Intel MKL Extended Eigensolvers: Size subspace 10001

#Loop | #Eig | Trace | Error-Trace | Max-Residual

0,10001,2.460420846718340e+06,1.000000000000000e+00,1.026947599855742e-13

rest assured, clang++ knows how icpc's ass tastes: https://twitter.com/i3roly/status/395951193559547904/photo/1 ;)

Gagan · ‎11-04-2013

yo guys,

running into another issue involving large callocs.

i've attached the updated matrices that replace the ones i attached above.

if you run this program as ./testCase 34830 the program segfaults at the allocation of the variable "output".

my question is, why? both calloc and malloc don't work. do i need a larger stacksize? this is for sure an issue with allocating a very *large* chunk of memory at once, but it is *imperative* that this occurs.

for calloc i get a segmentation fault: 11, for malloc i get:

reducefMRI(39024,0x7fff79900310) malloc: *** mach_vm_map(size=18446744056558313472) failed (error code=3)

*** error: can't allocate region

*** set a breakpoint in malloc_error_break to debug

any suggestions? i tried changing the compile from lp64 to ilp64 but it doesn't seem to make any difference.

to be precise, the array i'm trying to allocate has 76123*34830 elements so i don't think it's the ilp64/lp64.

thx

Ying_H_Intel · ‎11-06-2013

Hi Gagan,

Our developer help to investigate your question, please see his reply:

On first sight, test.c produces overflow on line 45 for lp64 interface:

“output = (double*) calloc(nrRows*(d+1),sizeof(double));”

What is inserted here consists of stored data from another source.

-- ===== src/Controller/Mutators/IngressRoutes.antt =====
-- ingressRouteMutator and AuthConfig of internal/controller/ingress_route.go
pub mod Rules
use Prim.Native.String as S
use Prim.Native.Char.{code}
use application_controller.Common.{
  String, ℕ, Bool, true, false, not, ◌&&◌, ◌||◌, Option, none, some, List, [], ◌∷◌, ◌++◌, GoMap,
  insert, string_eq, ◌==◌, nat_eq, concat, map, if◌then◌else◌,
}
use application_controller.Errors.{
  Error, sentinel, wrap_before, err_bad_host, err_no_ingress_route_port, err_invalid_auth_config,
  Result, ok, err, ◌>>=◌,
}
use application_controller.Kube.{
  NamespacedName, ContainerPort, TraefikService, Route, ObjectMeta, Kind, Object,
}
use application_controller.Api.{Application, Ingress, IngressAuth, TraefikMiddlewareRef}
use application_controller.Controller.Names.{service_name, external_dns_target_annotation}
use application_controller.Controller.Mutators.Hostname.{match_string, codes}

pub record AuthConfig : Type 0 where
  pub auth_path_prefix : String
  pub auth_service_name : NamespacedName
  pub auth_service_port_name : String
  pub auth_middleware_name : NamespacedName

pub record IngressRouteMutator : Type 0 where
  pub default_traefik_middlewares : List NamespacedName
  pub cname_target : String
  pub auth_config : AuthConfig

-- strings.HasPrefix(s, "/") and strings.HasSuffix(s, "/"); a slash is 47
starts_slash : List ℕ → Bool
starts_slash [] = false
starts_slash (c ∷ s) = c == 47

ends_slash : List ℕ → Bool
ends_slash [] = false
ends_slash (c ∷ []) = c == 47
ends_slash (c ∷ d ∷ s) = ends_slash (d ∷ s)

unfoldable pub has_prefix_slash : String → Bool
unfolding starts_slash codes
has_prefix_slash s = starts_slash (codes s)

unfoldable pub has_suffix_slash : String → Bool
unfolding ends_slash codes
has_suffix_slash s = ends_slash (codes s)

-- fmt.Errorf("%w: …", ErrInvalidAuthConfig)
invalid_auth : String → Error
invalid_auth text = wrap_before (sentinel err_invalid_auth_config) text

-- (AuthConfig).Validate
unfoldable pub validate : AuthConfig → Result (Unit {0})
unfolding invalid_auth has_prefix_slash has_suffix_slash
validate a =
    if not (has_prefix_slash a.auth_path_prefix && has_suffix_slash a.auth_path_prefix)
    then err (invalid_auth ": auth path prefix must begin and end with a `/`")
    else if a.auth_service_name.name == ""
    then err (invalid_auth ": auth service name is not specified")
    else if a.auth_service_port_name == ""
    then err (invalid_auth ": auth service port name is not specified")
    else if a.auth_middleware_name.name == ""
    then err (invalid_auth ": auth middleware name is not specified")
    else ok tt

-- The loop for a port named "http" or "web": the first one ends it.
unfoldable pub guess_port : List ContainerPort → String
guess_port [] = ""
guess_port (p ∷ ps) =
    let rest = guess_port ps in
    if p.name == "http" then "http" else if p.name == "web" then "web" else rest

-- (*ingressRouteMutator).middlewares copies each name into a MiddlewareRef with the same fields.
unfoldable pub middlewares : List NamespacedName → List NamespacedName
middlewares [] = []
middlewares (m ∷ ms) = record { namespace = m.namespace; name = m.name } ∷ middlewares ms

ref_names : List TraefikMiddlewareRef → List NamespacedName
ref_names [] = []
ref_names (m ∷ ms) = record { namespace = m.namespace; name = m.name } ∷ ref_names ms

-- The middlewares of the Application, or the default ones if it names none.
unfoldable pub chosen_middlewares :
    IngressRouteMutator → List TraefikMiddlewareRef → List NamespacedName
unfolding ref_names
chosen_middlewares f [] = f.default_traefik_middlewares
chosen_middlewares f (m ∷ ms) = ref_names (m ∷ ms)

abbrev pub host_rule : String → String
host_rule host = concat ("Host(`" ∷ host ∷ "`)" ∷ [])

abbrev pub prefix_rule : String → String → String
prefix_rule host prefix = concat ("Host(`" ∷ host ∷ "`) && PathPrefix(`" ∷ prefix ∷ "`)" ∷ [])

abbrev pub path_rule : String → String → String
path_rule host path = concat ("Host(`" ∷ host ∷ "`) && Path(`" ∷ path ∷ "`)" ∷ [])

-- The rule of an excluded path prefix: a path that ends in a slash is a prefix.
unfoldable pub exclude_rule : String → String → String
unfolding has_suffix_slash
exclude_rule host path =
    if has_suffix_slash path then prefix_rule host path else path_rule host path

abbrev pub rule_route : String → List NamespacedName → TraefikService → Route
rule_route rule ms service = record {
  kind = "Rule";
  matches = rule;
  middlewares = middlewares ms;
  services = service ∷ [];
}

abbrev pub app_service : Application → String → TraefikService
app_service app port_name = record {
  kind = "Service";
  namespace = (service_name app).namespace;
  name = (service_name app).name;
  port = port_name;
}

abbrev pub auth_service : AuthConfig → TraefikService
auth_service a = record {
  kind = "Service";
  namespace = a.auth_service_name.namespace;
  name = a.auth_service_name.name;
  port = a.auth_service_port_name;
}

-- The loop over ExcludePathPrefixes.
unfoldable pub exclude_routes :
    String → List NamespacedName → TraefikService → List String → List Route
unfolding exclude_rule
exclude_routes host ms service [] = []
exclude_routes host ms service (path ∷ paths) =
    rule_route (exclude_rule host path) ms service ∷ exclude_routes host ms service paths

-- The routes with the authentication proxy enabled.
unfoldable pub auth_routes :
    IngressRouteMutator → String → List NamespacedName → TraefikService → List String → List Route
unfolding exclude_routes middlewares
auth_routes f host ms service exclude =
    rule_route (prefix_rule host f.auth_config.auth_path_prefix) ms (auth_service f.auth_config)
    ∷ (exclude_routes host ms service exclude
        ++ rule_route (host_rule host) (ms ++ f.auth_config.auth_middleware_name ∷ []) service ∷ [])

pub routes_for :
    IngressRouteMutator
    → String
    → List NamespacedName
    → TraefikService
    → Option IngressAuth
    → Result (List Route)
routes_for f host ms service none = ok (rule_route (host_rule host) ms service ∷ [])
routes_for f host ms service (some auth) =
    if auth.enabled
    then (validate f.auth_config >>= λ _.
        ok (auth_routes f host ms service auth.exclude_path_prefixes))
    else ok (rule_route (host_rule host) ms service ∷ [])

-- ing.ObjectMeta.Annotations[…] = f.CNAMETarget, after a nil map has been replaced
unfoldable pub annotate : String → Option (GoMap String String) → Option (GoMap String String)
annotate target none = some (insert external_dns_target_annotation target [])
annotate target (some m) = some (insert external_dns_target_annotation target m)

-- The port of the Ingress section, or a guess.
unfoldable pub ingress_port : Application → Ingress → String
unfolding guess_port
ingress_port app ingress =
    if ingress.port_name == "" then guess_port app.spec.ports else ingress.port_name

-- Mutate; the caller has seen that the Application has an ingress section. An error leaves the
-- object to the caller as it is, annotated or not, and the caller then drops it.
unfoldable pub ingress_route_mutate :
    IngressRouteMutator
    → Application
    → Ingress
    → Object Kind.ingress_route
    → Result (Object Kind.ingress_route)
unfolding routes_for
ingress_route_mutate f app ingress ing =
    if not (match_string ingress.host)
    then err (sentinel err_bad_host)
    else if ingress_port app ingress == ""
    then err (sentinel err_no_ingress_route_port)
    else do
      routes ←
          routes_for f ingress.host (chosen_middlewares f ingress.traefik_middlewares)
            (app_service app (ingress_port app ingress)) ingress.auth
      let meta : ObjectMeta = ing.meta
      ok (record {
        meta = record meta { annotations = annotate f.cname_target meta.annotations };
        spec = routes;
      })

In your example nrRows*(d+1) == 2651364090 > 2147483647 (2^31-1) == maximum of int for lp64. Output array takes approximately 21Gb of RAM.

To avoid overflow I used size variable :

“long int size=0;

…

size = d+1;

size= size * nrRows;

output = (double*) calloc(size,sizeof(double));”

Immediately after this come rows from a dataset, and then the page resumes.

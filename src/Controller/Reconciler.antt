-- ===== src/Controller/Reconciler.antt =====
-- ApplicationReconciler of internal/controller/application_controller.go: its fields, its event
-- names, and the reconciliation of each kind of owned object.
pub mod Zero
pub mod Seen
pub mod Fitting
pub mod Bindings
pub mod Owned
use application_controller.Common.{
  String, Bool, true, false, ◌&&◌, Option, none, some, is_some, List, [], ◌∷◌, GoMap, lookup,
  insert, ◌==◌, string_eq,
}
use application_controller.Kube.{NamespacedName}
use application_controller.Controller.State.{Call, Client, Library, ImageFinder}
use application_controller.Controller.Mutators.IngressRoutes.{IngressRouteMutator}
use application_controller.Controller.Resource.{EventMap}

abbrev pub SeenSet : Type 0
SeenSet = GoMap NamespacedName Bool

-- The same entries, each as often, in any order.
pub data Reordered : SeenSet → SeenSet → Type 0 where
  empty : Reordered [] []
  keep :
      (e : NamespacedName × Bool) (xs ys : SeenSet) → Reordered xs ys → Reordered (e ∷ xs) (e ∷ ys)
  swap : (a b : NamespacedName × Bool) (xs : SeenSet) → Reordered (a ∷ b ∷ xs) (b ∷ a ∷ xs)
  chain : (xs ys zs : SeenSet) → Reordered xs ys → Reordered ys zs → Reordered xs zs

-- `range_order` is the order in which a range meets the entries of a set of names: it meets each
-- entry, and each once.
pub record Reconciler (F : Type 0) : Type 0 where
  pub image_finder : ImageFinder F
  pub ingress_routes : IngressRouteMutator
  pub client : Client
  pub library : Library
  pub range_order : List Call → SeenSet → SeenSet
  pub range_visits : (calls : List Call) (seen : SeenSet) → Reordered (range_order calls seen) seen
  pub supports_prometheus : Bool
  pub supports_traefik : Bool

abbrev pub cluster_role_binding_events : EventMap
cluster_role_binding_events = record {
  created = "ClusterRoleBindingCreated";
  updated = "ClusterRoleBindingUpdated";
  upsert_failed = "ClusterRoleBindingUpsertFailed";
  deleted = "ClusterRoleBindingDeleted";
  delete_failed = "ClusterRoleBindingDeleteFailed";
}

abbrev pub deployment_events : EventMap
deployment_events = record {
  created = "DeploymentCreated";
  updated = "DeploymentUpdated";
  upsert_failed = "DeploymentUpsertFailed";
  deleted = "";
  delete_failed = "";
}

abbrev pub ingress_route_events : EventMap
ingress_route_events = record {
  created = "IngressRouteCreated";
  updated = "IngressRouteUpdated";
  upsert_failed = "IngressRouteUpsertFailed";
  deleted = "IngressRouteDeleted";
  delete_failed = "IngressRouteDeleteFailed";
}

abbrev pub role_binding_events : EventMap
role_binding_events = record {
  created = "RoleBindingCreated";
  updated = "RoleBindingUpdated";
  upsert_failed = "RoleBindingUpsertFailed";
  deleted = "RoleBindingDeleted";
  delete_failed = "RoleBindingDeleteFailed";
}

abbrev pub service_account_events : EventMap
service_account_events = record {
  created = "ServiceAccountCreated";
  updated = "ServiceAccountUpdated";
  upsert_failed = "ServiceAccountUpsertFailed";
  deleted = "";
  delete_failed = "";
}

abbrev pub service_events : EventMap
service_events = record {
  created = "ServiceCreated";
  updated = "ServiceUpdated";
  upsert_failed = "ServiceUpsertFailed";
  deleted = "";
  delete_failed = "";
}

abbrev pub lb_service_events : EventMap
lb_service_events = record {
  created = "LoadBalancerServiceCreated";
  updated = "LoadBalancerServiceUpdated";
  upsert_failed = "LoadBalancerServiceUpsertFailed";
  deleted = "LoadBalancerServiceDeleted";
  delete_failed = "LoadBalancerServiceDeleteFailed";
}

abbrev pub pod_monitor_events : EventMap
pod_monitor_events = record {
  created = "PodMonitorCreated";
  updated = "PodMonitorUpdated";
  upsert_failed = "PodMonitorUpsertFailed";
  deleted = "PodMonitorDeleted";
  delete_failed = "PodMonitorDeleteFailed";
}

abbrev pub cron_job_events : EventMap
cron_job_events = record {
  created = "CronJobCreated";
  updated = "CronJobUpdated";
  upsert_failed = "CronJobUpsertFailed";
  deleted = "CronJobDeleted";
  delete_failed = "CronJobDeleteFailed";
}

But I got -1 error in EE solver with lp64 interface.

So I recommend to use ilp64 interface and to replace all int -> MKL_INT in test.c. ( or maybe compiler option -i8)

But I haven’t enough memory for ilp64 interface on machine with 33+ Gb of RAM.

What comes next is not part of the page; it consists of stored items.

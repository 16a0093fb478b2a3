-- ===== src/Controller/Mutators/Pods.antt =====
-- What deploymentMutator.Mutate and cronJobMutator.Mutate (internal/controller/deployment.go and
-- cronjob.go) have in common: the volumes, the first container, and the security context.
use application_controller.Common.{false, Option, none, some, List, [], ◌∷◌}
use application_controller.Kube.{CoreVolume, VolumeMount, Container, PodSpec}
use application_controller.Api.{Volume, SecurityContext}

-- corev1.Container{}
abbrev pub zero_container : Container
zero_container = record {
  name = "";
  image = "";
  image_pull_policy = "";
  command = [];
  args = [];
  env = [];
  env_from = [];
  ports = [];
  resources = "";
  liveness_probe = none;
  readiness_probe = none;
  volume_mounts = [];
  security_context = none;
}

abbrev pub zero_pod : PodSpec
zero_pod = record {
  service_account_name = "";
  node_selector = [];
  host_network = false;
  dns_policy = "";
  restart_policy = "";
  volumes = [];
  containers = [];
  security_context = none;
  runtime_class_name = none;
}

-- vols = append(vols, v.Volume)
unfoldable pub volumes : List Volume → List CoreVolume
volumes [] = []
volumes (v ∷ vs) = v.volume ∷ volumes vs

-- corev1.VolumeMount{Name: v.Name, MountPath: v.MountPath}: its ReadOnly is the zero value
unfoldable pub mounts : List Volume → List VolumeMount
mounts [] = []
mounts (v ∷ vs) =
    record { name = v.volume.name; read_only = false; mount_path = v.mount_path } ∷ mounts vs

-- container = &podTemplateSpec.Containers[0], after an empty list has been given one container
unfoldable pub update_first : (Container → Container) → List Container → List Container
update_first f [] = f zero_container ∷ []
update_first f (c ∷ cs) = f c ∷ cs

-- container.SecurityContext = sc.SecurityContext
unfoldable pub secure_container : Option SecurityContext → Container → Container
secure_container none c = c
secure_container (some sc) c = record c { security_context = sc.inner }

-- podTemplateSpec.SecurityContext = &corev1.PodSecurityContext{…}
unfoldable pub secure_pod : Option SecurityContext → PodSpec → PodSpec
secure_pod none p = p
secure_pod (some sc) p = record p {
  security_context = some (record {
    supplemental_groups = sc.supplemental_groups;
    fs_group = sc.fs_group;
    sysctls = sc.sysctls;
    fs_group_change_policy = sc.fs_group_change_policy;
  });
}
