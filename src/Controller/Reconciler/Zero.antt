-- ===== src/Controller/Reconciler/Zero.antt =====
-- The zero values of the object variables that internal/controller/application_controller.go
-- declares, `var svc corev1.Service` and the like.
use application_controller.Common.{none, []}
use application_controller.Kube.{BindingSpec, Kind, Spec, Object}
use application_controller.Controller.Mutators.Pods.{zero_pod}

abbrev pub zero_binding : BindingSpec
zero_binding = record { subjects = []; role_ref = record { api_group = ""; kind = ""; name = "" } }

abbrev pub zero_spec : (k : Kind) → Spec k
zero_spec Kind.service_account = tt
zero_spec Kind.role_binding = zero_binding
zero_spec Kind.cluster_role_binding = zero_binding
zero_spec Kind.service = record { type = ""; ports = []; selector = [] }
zero_spec Kind.pod_monitor = record {
  pod_metrics_endpoints = [];
  selector = [];
  pod_target_labels = [];
}
zero_spec Kind.ingress_route = []
zero_spec Kind.deployment = record {
  selector = [];
  strategy_type = "";
  revision_history_limit = none;
  template_labels = [];
  template = zero_pod;
  conditions = [];
}
zero_spec Kind.cron_job = record {
  job_template_labels = [];
  concurrency_policy = "";
  schedule = "";
  successful_jobs_history_limit = none;
  failed_jobs_history_limit = none;
  template = zero_pod;
}

abbrev pub zero_object : (k : Kind) → Object k
zero_object k = record {
  meta = record { name = ""; namespace = ""; annotations = none; owner_references = [] };
  spec = zero_spec k;
}
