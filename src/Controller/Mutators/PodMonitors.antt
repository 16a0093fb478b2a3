-- ===== src/Controller/Mutators/PodMonitors.antt =====
-- podMonitorMutator.Mutate of internal/controller/podmonitor.go
use application_controller.Common.{String, ◌||◌, List, [], ◌∷◌, ◌==◌, string_eq, if◌then◌else◌}
use application_controller.Errors.{sentinel, err_no_metrics_port, Result, ok, err}
use application_controller.Kube.{ContainerPort, Kind, Object}
use application_controller.Api.{Application, Metrics}
use application_controller.Controller.Names.{selector_labels}

-- The loop for a port named "metrics" or "prometheus": the first one ends it.
unfoldable pub metrics_port : List ContainerPort → String
metrics_port [] = ""
metrics_port (p ∷ ps) =
    let rest = metrics_port ps in
    if p.name == "metrics" || p.name == "prometheus" then p.name else rest

unfoldable pub pod_monitor_mutate :
    Application → Metrics → Object Kind.pod_monitor → Result (Object Kind.pod_monitor)
pod_monitor_mutate app metrics mon =
    let port_name =
      if metrics.port_name == "" then metrics_port app.spec.ports else metrics.port_name in
    let path = if metrics.path == "" then "/metrics" else metrics.path in
    if port_name == ""
    then err (sentinel err_no_metrics_port)
    else ok (record mon {
      spec = record {
        pod_metrics_endpoints = record { port = port_name; path = path } ∷ [];
        selector = selector_labels app;
        pod_target_labels = "app.kubernetes.io/name" ∷ [];
      };
    })
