-- ===== src/Controller/Mutators/Deployments.antt =====
-- deploymentMutator.Mutate of internal/controller/deployment.go
pub mod Drift
pub mod Calls
use application_controller.Common.{
  String, Bool, Option, none, some, List, [], ◌∷◌, if◌then◌else◌, true,
}
use application_controller.Errors.{
  Error, sentinel, wrap_both, err_image_check_failed, Result, ok, err,
}
use application_controller.Kube.{Container, PodSpec, DeploymentSpec, Kind, Object}
use application_controller.Api.{Application}
use application_controller.Images.ImageRef.{ImageRef, to_string}
use application_controller.Controller.Names.{service_account_name, selector_labels}
use application_controller.Controller.Ports.{reconcile_container_ports}
use application_controller.Controller.State.{
  Library, ImageFinder, M, pure, fail, ◌>>=◌, attempt, find_image,
}
use application_controller.Controller.Mutators.Pods.{
  volumes, mounts, update_first, secure_container, secure_pod,
}

-- The container, with the fields that the mutator sets.
unfoldable pub mutate_container : Application → ImageRef → Container → Container
unfolding secure_container
mutate_container app ref c = secure_container app.spec.security_context (record c {
  name = app.name;
  image = to_string ref;
  image_pull_policy = "Always";
  command = app.spec.command;
  args = app.spec.args;
  env = app.spec.env;
  env_from = app.spec.env_from;
  ports = reconcile_container_ports c.ports app.spec.ports;
  resources = app.spec.resources;
  liveness_probe = app.spec.probe;
  readiness_probe = app.spec.probe;
  volume_mounts = mounts app.spec.volumes;
})

-- if app.Spec.HostNetwork { … }
unfoldable pub join_host_network : Bool → PodSpec → PodSpec
join_host_network host_network p =
    if host_network
    then record p { host_network = true; dns_policy = "ClusterFirstWithHostNet" }
    else p

unfoldable pub mutate_pod : Application → ImageRef → PodSpec → PodSpec
unfolding mutate_container join_host_network secure_pod update_first
mutate_pod app ref p =
    let q = join_host_network app.spec.host_network (record p {
      service_account_name = (service_account_name app).name;
      node_selector = app.spec.node_selector;
    }) in
    let r = secure_pod app.spec.security_context (record q {
      volumes = volumes app.spec.volumes;
      containers = update_first (mutate_container app ref) q.containers;
    }) in
    record r { runtime_class_name = app.spec.runtime_class_name }

-- The part of the mutate function after the image has been found.
unfoldable pub mutate_deployment :
    Library → Application → ImageRef → Object Kind.deployment → Object Kind.deployment
unfolding mutate_pod
mutate_deployment library app ref deploy =
    let spec = deploy.spec in
    library.set_object_defaults_deployment (record deploy {
      spec = record spec {
        selector = selector_labels app;
        strategy_type = "Recreate";
        revision_history_limit = some 5;
        template_labels = selector_labels app;
        template = mutate_pod app ref spec.template;
      };
    })

-- fmt.Errorf("%w: %w", ErrImageCheckFailed, err)
abbrev pub image_check_failed : Error → Error
image_check_failed e = wrap_both (sentinel err_image_check_failed) e

module _ {F : Type 0} (library : Library) (finder : ImageFinder F) where
  found_image : {A : Type 0} → Result ImageRef → (ImageRef → A) → M F A
  found_image (err e) f = fail (image_check_failed e)
  found_image (ok ref) f = pure (f ref)

  unfoldable pub deployment_mutate :
      Application → Object Kind.deployment → M F (Object Kind.deployment)
  unfolding found_image
  deployment_mutate app deploy = do
    found ← attempt (find_image finder app.spec.image)
    found_image found (λ ref. mutate_deployment library app ref deploy)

Could you tell how many available RAM on your machine?

Best Regards,

Ying

Gagan · ‎11-07-2013

hey man,

in the midst of trying these suggestions out and i realized that dlange is bugging out when I use MKL_INT.

furthermore, LAPACKE_dlange doesn't exist in the MKL library for some reason. i would really like to use this function as it's crucial, and i realized now that what is stopping me from using ilp64 is this function not working. can we get this fixed??

thx

Gagan · ‎11-07-2013

update, i tried both dlansy and dlange and they do not work (calling the fortran interface via ilp64), they will cause segfaults.

additionally, as stated above, LAPACKE_dlange is missing from the cblas interface (as is dlansy, and i suspect a few others as well). if you guys could patch and update these functions and toss over the patched dist, that'd be great.

thx

Gagan · ‎11-07-2013

hi, another update.

there is an issue with csrcoo in ilp64 mode. i have attached the test.c that you can use with the matrix files above to reproduce this error. note this only happens in ilp64 mode. i haven't encountered this error otherwise and have spent the day trying to fix it. here is the output just to give you an idea of what the problem is:

Intel MKL ERROR: Parameter 1 was incorrect on entry to MKL_DCSRCOO.

Intel MKL ERROR: Parameter 1 was incorrect on entry to MKL_DCSRCOO.

note that in this testcase i'm trying to convert the CSR to coordinate, whereas in my actual program i'm converting coordinate to csr. thus the issue is independent of whether i'm going from CSR->COO or COO->CSR. i am hoping this is just a minor bug high up in the function.

Gennady_F_Intel · ‎11-08-2013

these symtomps indicate that you forget compile this example with ILP64 libraries w/o /DMKL_ILP64 option.